# BFGoodrich All Terrains



## BradXTrail (Dec 16, 2007)

Has anyone put these on their XTrail? I had them on my pathfinder and loved those tires. I'm thinking about throwing a set of them on the XTrail this spring.


----------



## bas (Oct 12, 2005)

I currently have the BFG All Terrains in the size 225/75r16 on my exy, and swear by them. They are a great compromise between dirt and mud/snow, but can get a little bogged down in the soft sand. On the bitumen you will notice a little road 'hum', but after a few days this is forgotten. I have not had one passenger comment about them. Unlike other A/T tyres, they are also great on wet bitumen and long road travel.

Personally, I think they are the best tyre for the x-trail and the 225/75r16 is the highest I would go without putting the speedo out too far and causing problems when turning on full lock.

Why not chuck in a spring lift, just to add to the whole deal.


----------



## BradXTrail (Dec 16, 2007)

Do you have a link to these spring lifts? I live in Canada, not sure if we can get them here or not.


----------



## bas (Oct 12, 2005)

Brad,

The springs give a good 50mm lift and are much better for off-road as they add clearance. The overall ride is not that much firmer, but the heavier rated springs give you a better load carrying capacity.

The brand is 'Pedders Trak Ryder' and the part numbers are (front-7892) and (rear-7893). 

Pedders Suspension - E-Catalogue


There appears to be no stores in Canada, but the US has heaps.

Check out the link for more information and good luck with it..

Pedders Store Locator - USA


----------



## aussietrail (Sep 24, 2004)

bas said:


> Brad,
> but the heavier rated springs give you a better load carrying capacity.


Brett, can you please clarify this statment?

The load carrying capacity of the X-Trail is 545Kg (MAX)

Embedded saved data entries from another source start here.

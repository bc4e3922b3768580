-- ===== src/Render/Dml/Limit.antt =====
-- renderLimit against the parsers of the LIMIT clause.
mod Numerals
use unique_dialect.Base.{
  ℕ, zero, suc, ◌+◌, ◌-◌, ◌≤◌, ◌<◌, Bool, true, false, List, [], ◌∷◌, ◌++◌, Option, none, some, ◌≡◌,
  ◌≢◌, refl, sym, ap, ◌∙◌, arith, choose, if◌then◌else◌, length, length-append, take, drop, All,
  map, append-nil, append_assoc, ◌==◌,
}
use unique_dialect.Dialect.{mysql, postgres, sqlite}
use unique_dialect.Normalize.{limit_of}
use unique_dialect.Outcome.{Outcome, ok, err, panic, ◌>>=◌}
use unique_dialect.Render.Dml.{render_limit}
use unique_dialect.Syntax
use unique_dialect.Syntax.{LimitClause}
use unique_dialect.Syntax.Clauses.Safe.{slice_within}
use unique_dialect.Syntax.Mysql
use unique_dialect.Syntax.Postgres
use unique_dialect.Syntax.Scan.{initial, step, split_csv_from, split_top_level_csv}
use unique_dialect.Text.Decimal.Digits.{format_nat-IsDigit, format_nat-length}
use unique_dialect.Text.Decimal.RoundTrip.{atoi-itoa}
use unique_dialect.Text.Decimal.{ℤ, pos, negsuc, itoa, atoi, IsInt64, format_nat}
use unique_dialect.Text.Trim.{HeadKept, trim_left_keep, trim_right_keep}
use unique_dialect.Text.{
  Text, codes, is_space, trim_left, trim_by, trim_space, to_upper, upper_byte, has_prefix, slice,
}
use unique_dialect.Render.Dml.Limit.Numerals.{
  IsNumeral, numeral-kept, itoa-IsNumeral, itoa-length, trim_space-numeral, trim_space-between,
  split_csv-numeral, split_csv-last,
}

-- The numbers of a clause are those of Go's int.
abbrev pub IsInt64Limit : LimitClause → Type 0
IsInt64Limit l = choose l.offset Unit IsInt64 × IsInt64 l.count

trim_space-behind_space : (s : Text) → trim_space (b' ' ∷ s) ≡ trim_space s
trim_space-behind_space s = unfold trim_space trim_by trim_left is_space in refl

trim_space-itoa : (z : ℤ) → trim_space (itoa z) ≡ itoa z
trim_space-itoa z = trim_space-numeral (itoa z) (itoa-IsNumeral z)

split_csv-behind_space : (c : ℤ) → split_csv_from initial [] (b' ' ∷ itoa c) ≡ itoa c ∷ []
split_csv-behind_space c =
    to_space
    ∙ split_csv-last (b' ' ∷ []) (itoa c) (itoa-IsNumeral c)
    ∙ ap (λ x. x ∷ []) (trim_space-behind_space (itoa c) ∙ trim_space-itoa c)
  where
    to_space :
        split_csv_from initial [] (b' ' ∷ itoa c) ≡ split_csv_from initial (b' ' ∷ []) (itoa c)
    to_space = unfold split_csv_from in unfold step in refl

-- The two numbers of a clause, as the list splitter reads them.
split-numbers :
    (o c : ℤ)
    → split_top_level_csv (trim_space (itoa o ++ (codes ", " ++ itoa c))) ≡ itoa o ∷ itoa c ∷ []
unfolding split_top_level_csv codes
split-numbers o c =
    ap split_top_level_csv (
      trim_space-between (itoa o) (codes ", ") (itoa c) (itoa-IsNumeral o) (itoa-length o)
        (itoa-IsNumeral c) (itoa-length c))
    ∙ split_csv-numeral [] (itoa o) (b' ' ∷ itoa c) (itoa-IsNumeral o)
    ∙ ap (λ x. x ∷ split_csv_from initial [] (b' ' ∷ itoa c)) (trim_space-itoa o)
    ∙ ap (◌∷◌ (itoa o)) (split_csv-behind_space c)

split-number : (c : ℤ) → split_top_level_csv (trim_space (itoa c)) ≡ itoa c ∷ []
unfolding split_top_level_csv
split-number c =
    ap split_top_level_csv (trim_space-itoa c)
    ∙ split_csv-last [] (itoa c) (itoa-IsNumeral c)
    ∙ ap (λ x. x ∷ []) (trim_space-itoa c)

abbrev clause : Option ℤ → ℤ → LimitClause
clause o c = record { offset = o; count = c }

read : (z : ℤ) → IsInt64 z → atoi (trim_space (itoa z)) ≡ ok z
read z h = ap atoi (trim_space-itoa z) ∙ atoi-itoa z h

mysql_clause :
    (o : Option ℤ) (c : ℤ)
    → IsInt64Limit (clause o c)
    → Mysql.parse_limit (drop 7 (render_limit (limit_of (clause o c)) mysql)) ≡ ok (clause o c)
unfolding Mysql.parse_limit Mysql.parse_limit_parts render_limit limit_of
mysql_clause none c (_, h) = rw (split-number c, read c h) refl
mysql_clause (some o) c (ho, h) = rw (split-numbers o c, read o ho, read c h) refl

sqlite_clause :
    (o : Option ℤ) (c : ℤ)
    → IsInt64Limit (clause o c)
    → Mysql.parse_limit (drop 7 (render_limit (limit_of (clause o c)) sqlite)) ≡ ok (clause o c)
unfolding render_limit
sqlite_clause none c h = mysql_clause none c h
sqlite_clause (some o) c h = mysql_clause (some o) c h

to_upper-numeral : (s t : Text) → All IsNumeral s → to_upper (s ++ t) ≡ s ++ to_upper t
to_upper-numeral [] t h = refl
to_upper-numeral (c ∷ s) t ((l, u), h) = rw (same c l u) (ap (◌∷◌ c) (to_upper-numeral s t h))
  where
    same : (c : ℕ) → 45 ≤ c → c ≤ 57 → upper_byte c ≡ c
    same c l u = unfold upper_byte in ground arith

abbrev offset_keyword : Text
offset_keyword = b' ' ∷ b'O' ∷ b'F' ∷ b'F' ∷ b'S' ∷ b'E' ∷ b'T' ∷ b' ' ∷ []

index_of-numeral :
    (s t : Text)
    → All IsNumeral s
    → Postgres.index_of offset_keyword (s ++ (offset_keyword ++ t)) ≡ some (length s)
unfolding Postgres.index_of has_prefix
index_of-numeral [] t h = refl
index_of-numeral (c ∷ s) t ((l, u), h) =
    rw (no_space c l, index_of-numeral s t h) (ap some (omega arith))
  where
    no_space : (c : ℕ) → 45 ≤ c → (c == b' ') ≡ false
    no_space c l = ground arith

index_of-alone : (s : Text) → All IsNumeral s → Postgres.index_of offset_keyword s ≡ none
unfolding Postgres.index_of has_prefix
index_of-alone [] h = refl
index_of-alone (c ∷ s) ((l, u), h) = rw (no_space c l, index_of-alone s h) refl
  where
    no_space : (c : ℕ) → 45 ≤ c → (c == b' ') ≡ false
    no_space c l = ground arith

take-length : (s t : Text) → take (length s) (s ++ t) ≡ s
take-length [] t = refl
take-length (c ∷ s) t = ap (◌∷◌ c) (take-length s t)

take-all : (s : Text) → take (length s) s ≡ s
take-all [] = refl
take-all (c ∷ s) = ap (◌∷◌ c) (take-all s)

drop-length : (s t : Text) → drop (length s) (s ++ t) ≡ t
drop-length [] t = refl
drop-length (c ∷ s) t = drop-length s t

slice-front : (s t : Text) → slice (s ++ t) 0 (length s) ≡ ok s
slice-front s t =
    let size : length s - 0 ≡ length s = omega arith in
    slice_within (s ++ t) 0 (length s) (omega arith) (omega (arith, length-append s t))
    ∙ ap ok (rw size (take-length s t))

slice-back : (s t : Text) → slice (s ++ t) (length s) (length (s ++ t)) ≡ ok t
slice-back s t =
    let size : length (s ++ t) - length s ≡ length t = omega (arith, length-append s t) in
    slice_within (s ++ t) (length s) (length (s ++ t)) (omega (arith, length-append s t))
      (omega arith)
    ∙ ap ok (rw (size, drop-length s t) (take-all t))

-- The two numbers of a clause, as the parser of PostgreSQL slices them.
slice-offset :
    (c o : Text)
    → slice (c ++ (offset_keyword ++ o)) (length c + 8) (length (c ++ (offset_keyword ++ o))) ≡ ok o
slice-offset c o =
    let size : length c + 8 ≡ length (c ++ offset_keyword) =
      omega (arith, length-append c offset_keyword) in
    rw (size, sym (append_assoc c offset_keyword o)) (slice-back (c ++ offset_keyword) o)

found-offset :
    (c o : ℤ)
    → Postgres.index_of offset_keyword
        (to_upper (trim_space (itoa c ++ (offset_keyword ++ itoa o))))
      ≡ some (length (itoa c))
unfolding upper_byte
found-offset c o =
    ap (λ x. Postgres.index_of offset_keyword (to_upper x))
      (trim_space-between (itoa c) offset_keyword (itoa o) (itoa-IsNumeral c) (itoa-length c)
        (itoa-IsNumeral o) (itoa-length o))
    ∙ ap (Postgres.index_of offset_keyword)
        (to_upper-numeral (itoa c) (offset_keyword ++ itoa o) (itoa-IsNumeral c))
    ∙ index_of-numeral (itoa c) (to_upper (itoa o)) (itoa-IsNumeral c)

not_found-offset :
    (c : ℤ) → Postgres.index_of offset_keyword (to_upper (trim_space (itoa c))) ≡ none
not_found-offset c =
    ap (λ x. Postgres.index_of offset_keyword (to_upper x)) (trim_space-itoa c)
    ∙ ap (λ x. Postgres.index_of offset_keyword (to_upper x)) (sym (append-nil (itoa c)))
    ∙ ap (Postgres.index_of offset_keyword) (to_upper-numeral (itoa c) [] (itoa-IsNumeral c))
    ∙ ap (Postgres.index_of offset_keyword) (append-nil (itoa c))
    ∙ index_of-alone (itoa c) (itoa-IsNumeral c)

postgres_clause :
    (o : Option ℤ) (c : ℤ)
    → IsInt64Limit (clause o c)
    → Postgres.parse_limit (drop 7 (render_limit (limit_of (clause o c)) postgres))
      ≡ ok (clause o c)
unfolding Postgres.parse_limit render_limit limit_of codes
postgres_clause none c (_, h) = rw (not_found-offset c, read c h) refl
postgres_clause (some o) c (ho, h) =
    rw
      (
        found-offset c o,
        slice-front (itoa c) (offset_keyword ++ itoa o),
        read c h,
        slice-offset (itoa c) (itoa o),
        read o ho,
      )
      refl

-- A limit with or without an offset, on numbers of 64 bits, is read back by the parser of the
-- dialect that it was written for: MySQL's `LIMIT offset, count`, which SQLite shares, and
-- PostgreSQL's `LIMIT count OFFSET offset`.
pub parse_limit-render_limit :
    (l : LimitClause)
    → IsInt64Limit l
    → (Mysql.parse_limit (drop 7 (render_limit (limit_of l) mysql)) ≡ ok l)
      × (Mysql.parse_limit (drop 7 (render_limit (limit_of l) sqlite)) ≡ ok l)
      × (Postgres.parse_limit (drop 7 (render_limit (limit_of l) postgres)) ≡ ok l)
parse_limit-render_limit l h = (
  mysql_clause l.offset l.count h,
  sqlite_clause l.offset l.count h,
  postgres_clause l.offset l.count h,
)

Are you saying that with heavier springs you will also be able to increase the max. load carrying capacity and if so, where you gonna fit all that extra load and how will it impact on other parts of the car apart from the suspension? (i.e. chassis and shocks for example)


----------



## bas (Oct 12, 2005)

Jalal,
Re the increase in load carrying capacity, it means that the x-trail can SAFELY carry more weight and due to having a lot less sag in the rear springs, the front end of the vehicle will not be lifted. I have seen numerous x-trails (and other vehicles) towing caravans which arew within the vehicles own limits, but the front of the vehicle is raised to a dangerous height. Especially with a front wheel vehicle, you want as much 'weight' over the front end to give you steering control. The fitment of upgraded heavier rated springs, will stop this rear end sag and allow you to carry weight, more safely. It is also common for vehicles which are heavily laden and suffering rear end sag, to have issues with headlights blinding on-coming cars due to the lights being aimed higher.

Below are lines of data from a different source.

-- ===== src/Render/Dml/Upsert.antt =====
-- What renderConflict makes of the assignments of an upsert.
use unique_dialect.Base.{List, [], ◌∷◌, map, ◌≡◌, refl, sym, ap, ◌∙◌}
use unique_dialect.Dialect.{Dialect, mysql, postgres, sqlite, oracle, other}
use unique_dialect.Ir.{Assignment, ConflictClause}
use unique_dialect.Render.Dml.{
  comma_space, conflict_assignment, conflict_assignments, on_conflict, render_conflict,
}
use unique_dialect.Text.{Text, join}

abbrev pub columns_of : ConflictClause → List Text
columns_of c = map (λ (a : Assignment). a.column) c.assignments

map-map :
    {A B C : Type 0} (f : A → B) (g : B → C) (xs : List A)
    → map (λ x. g (f x)) xs ≡ map g (map f xs)
map-map f g [] = refl
map-map f g (x ∷ xs) = ap (◌∷◌ (g (f x))) (map-map f g xs)

conflict_assignments-columns :
    (assignments : List Assignment) (to : Dialect)
    → conflict_assignments assignments to
      ≡ join comma_space
          (map (conflict_assignment to) (map (λ (a : Assignment). a.column) assignments))
unfolding conflict_assignments
conflict_assignments-columns assignments to =
    ap (join comma_space)
      (map-map (λ (a : Assignment). a.column) (conflict_assignment to) assignments)

same_assignments :
    (a b : ConflictClause) (to : Dialect)
    → columns_of a ≡ columns_of b
    → conflict_assignments a.assignments to ≡ conflict_assignments b.assignments to
same_assignments a b to e =
    conflict_assignments-columns a.assignments to
    ∙ ap (λ cs. join comma_space (map (conflict_assignment to) cs)) e
    ∙ sym (conflict_assignments-columns b.assignments to)

same_on_conflict :
    (a b : ConflictClause) (to : Dialect)
    → a.target_columns ≡ b.target_columns
    → columns_of a ≡ columns_of b
    → on_conflict a to ≡ on_conflict b to
unfolding on_conflict
same_on_conflict a b to t e = rw (t, same_assignments a b to e) refl

-- In every dialect, two upsert clauses on the same target columns that assign to the same columns, in the
-- same order, are written alike, whatever values they assign.
pub render_conflict-columns :
    (a b : ConflictClause) (to : Dialect)
    → a.target_columns ≡ b.target_columns
    → columns_of a ≡ columns_of b
    → render_conflict a to ≡ render_conflict b to
unfolding render_conflict
render_conflict-columns a b mysql t e = rw (same_assignments a b mysql e) refl
render_conflict-columns a b postgres t e = same_on_conflict a b postgres t e
render_conflict-columns a b sqlite t e = same_on_conflict a b sqlite t e
render_conflict-columns a b oracle t e = refl
render_conflict-columns a b (other d) t e = refl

All vehicle owners should be aware of their vehicles load carrying capacity and also be mindful, that this weight of 545kg for the x-trail includes passengers, fuel and luggage. I am NOT saying that a heavier rated spring will allow you to carry more then 545kg, but you will be able to do it more safely. ESPECIALLY when towing a trailer or caravan.


----------



## aussietrail (Sep 24, 2004)

bas said:


> Jalal,
> I am NOT saying that a heavier rated spring will allow you to carry more then 545kg, but you will be able to do it more safely. ESPECIALLY when towing a trailer or caravan.

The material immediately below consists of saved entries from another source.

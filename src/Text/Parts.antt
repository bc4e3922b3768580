-- ===== src/Text/Parts.antt =====
-- Laws of strings.Split and strings.Join.
use unique_dialect.Base.{
  ℕ, List, [], ◌∷◌, ◌++◌, ◌≡◌, ◌≢◌, refl, ap, ◌∙◌, arith, Bool-cases, inl, inr, All, ◌==◌, ==_iff,
}
use unique_dialect.Text.{Text, split, join, join_after, onto_first}

abbrev pub Lacks : ℕ → Text → Type 0
Lacks b = All (λ c. c ≢ b)

module _ (sep : ℕ) where
  split_part : (p rest : Text) → Lacks sep p → split sep (p ++ sep ∷ rest) ≡ p ∷ split sep rest
  unfolding split
  split_part [] rest h = ground arith
  split_part (c ∷ p) rest (ne, h) = ground (arith, split_part p rest h)

  split_last : (p : Text) → Lacks sep p → split sep p ≡ p ∷ []
  unfolding split
  split_last [] h = refl
  split_last (c ∷ p) (ne, h) = ground (arith, split_last p h)

  split-join_after :
      (p : Text) (ps : List Text)
      → All (Lacks sep) (p ∷ ps)
      → split sep (join_after (sep ∷ []) p ps) ≡ p ∷ ps
  unfolding join_after
  split-join_after p [] (h, _) = split_last p h
  split-join_after p (q ∷ ps) (h, hs) =
      split_part p (join_after (sep ∷ []) q ps) h ∙ ap (◌∷◌ p) (split-join_after q ps hs)

  pub split-join :
      (ps : List Text) → ps ≢ [] → All (Lacks sep) ps → split sep (join (sep ∷ []) ps) ≡ ps
  unfolding join
  split-join [] ne h = absurd (ne refl)
  split-join (p ∷ ps) ne h = split-join_after p ps h

  onto_first-Lacks :
      (c : ℕ) (ps : List Text) → c ≢ sep → All (Lacks sep) ps → All (Lacks sep) (onto_first c ps)
  onto_first-Lacks c [] ne h = ((ne, tt), tt)
  onto_first-Lacks c (p ∷ ps) ne (hp, hs) = ((ne, hp), hs)

  pub split-Lacks : (s : Text) → All (Lacks sep) (split sep s)
  unfolding split
  split-Lacks [] = (tt, tt)
  split-Lacks (c ∷ s) = elim (Bool-cases (c == sep)) [
    | inl e ↦ rw e (tt, split-Lacks s)
    | inr n ↦ rw n (onto_first-Lacks c (split sep s) (ground arith) (split-Lacks s))
  ]

  onto_first-ne-nil : (c : ℕ) (ps : List Text) → onto_first c ps ≢ []
  onto_first-ne-nil c [] = λ e. cc
  onto_first-ne-nil c (p ∷ ps) = λ e. cc

  pub split-ne-nil : (s : Text) → split sep s ≢ []
  unfolding split
  split-ne-nil [] = λ e. cc
  split-ne-nil (c ∷ s) = elim (Bool-cases (c == sep)) [
    | inl e ↦ rw e (λ q. cc)
    | inr n ↦ rw n (onto_first-ne-nil c (split sep s))
  ]

  join-onto_first :
      (c : ℕ) (ps : List Text)
      → ps ≢ []
      → join (sep ∷ []) (onto_first c ps) ≡ c ∷ join (sep ∷ []) ps
  unfolding join join_after
  join-onto_first c [] ne = absurd (ne refl)
  join-onto_first c (p ∷ []) ne = refl
  join-onto_first c (p ∷ q ∷ ps) ne = refl

  join-nil_cons : (ps : List Text) → ps ≢ [] → join (sep ∷ []) ([] ∷ ps) ≡ sep ∷ join (sep ∷ []) ps
  unfolding join join_after
  join-nil_cons [] ne = absurd (ne refl)
  join-nil_cons (p ∷ ps) ne = refl

  pub join-split : (s : Text) → join (sep ∷ []) (split sep s) ≡ s
  unfolding split
  join-split [] = unfold join join_after in refl
  join-split (c ∷ s) = elim (Bool-cases (c == sep)) [
    | inl e ↦
        rw e (
          join-nil_cons (split sep s) (split-ne-nil s) ∙ ground (arith, join-split s, ==_iff c sep))
    | inr n ↦ rw n (join-onto_first c (split sep s) (split-ne-nil s) ∙ ap (◌∷◌ c) (join-split s))
  ]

Thanks Brett. That's what I wanted to hear cause it wasn't very clear earlier.



> that this weight of 545kg for the x-trail includes passengers, fuel and luggage.


The 545Kg is GVM (A Gross Vehicle Mass) it does NOT include the passengers.


----------



## bas (Oct 12, 2005)

> he 545Kg is GVM (A Gross Vehicle Mass) it does NOT include the passengers.


Sorry Jalal, but I did not explain this correct and you may has misread it.

A vehicle's GVM is the maximum allowable weight that it can carry on it's axles at any times. This includes everything inside, under and on top of the vehicle being supported on the axles.

Considering the newer x-trails figures, GVM is 2100kg and the unladen vehicle weight is 1525kg. The allowable weight (load) the vehicle can carry is only 575kg. And this INCLUDES passengers, fuel and luggage.

Gross vehicle mass - Wikipedia, the free encyclopedia
vehicle GVM @ ExplorOz

Although this is way off topic, I hope this clears things up. The heavier rated springs and heavier rated all terrain tyres will not increase the allowable load of the x-trail, just allow it to be more safely carried. However, by improving your total suspension and tyre package, you can apply to your local office to have the GVM increased to allow you to carry more load.


----------



## aussietrail (Sep 24, 2004)

Brett,

The 545Kg is the max carrying load the xtrail can carry WITHOUT the passengers and am pretty sure of that and it has been previously discussed.

Can you imagine having 5 adults in the car weighing 85Kg each (total 425Kg) which will leave a max carrying load of only 120Kg (for luggage etc). I'd be buying a hatchback if that was the case LOL 

It's slightly off-topic but it relates to the need to upgrade the springs as you have highlighted.


----------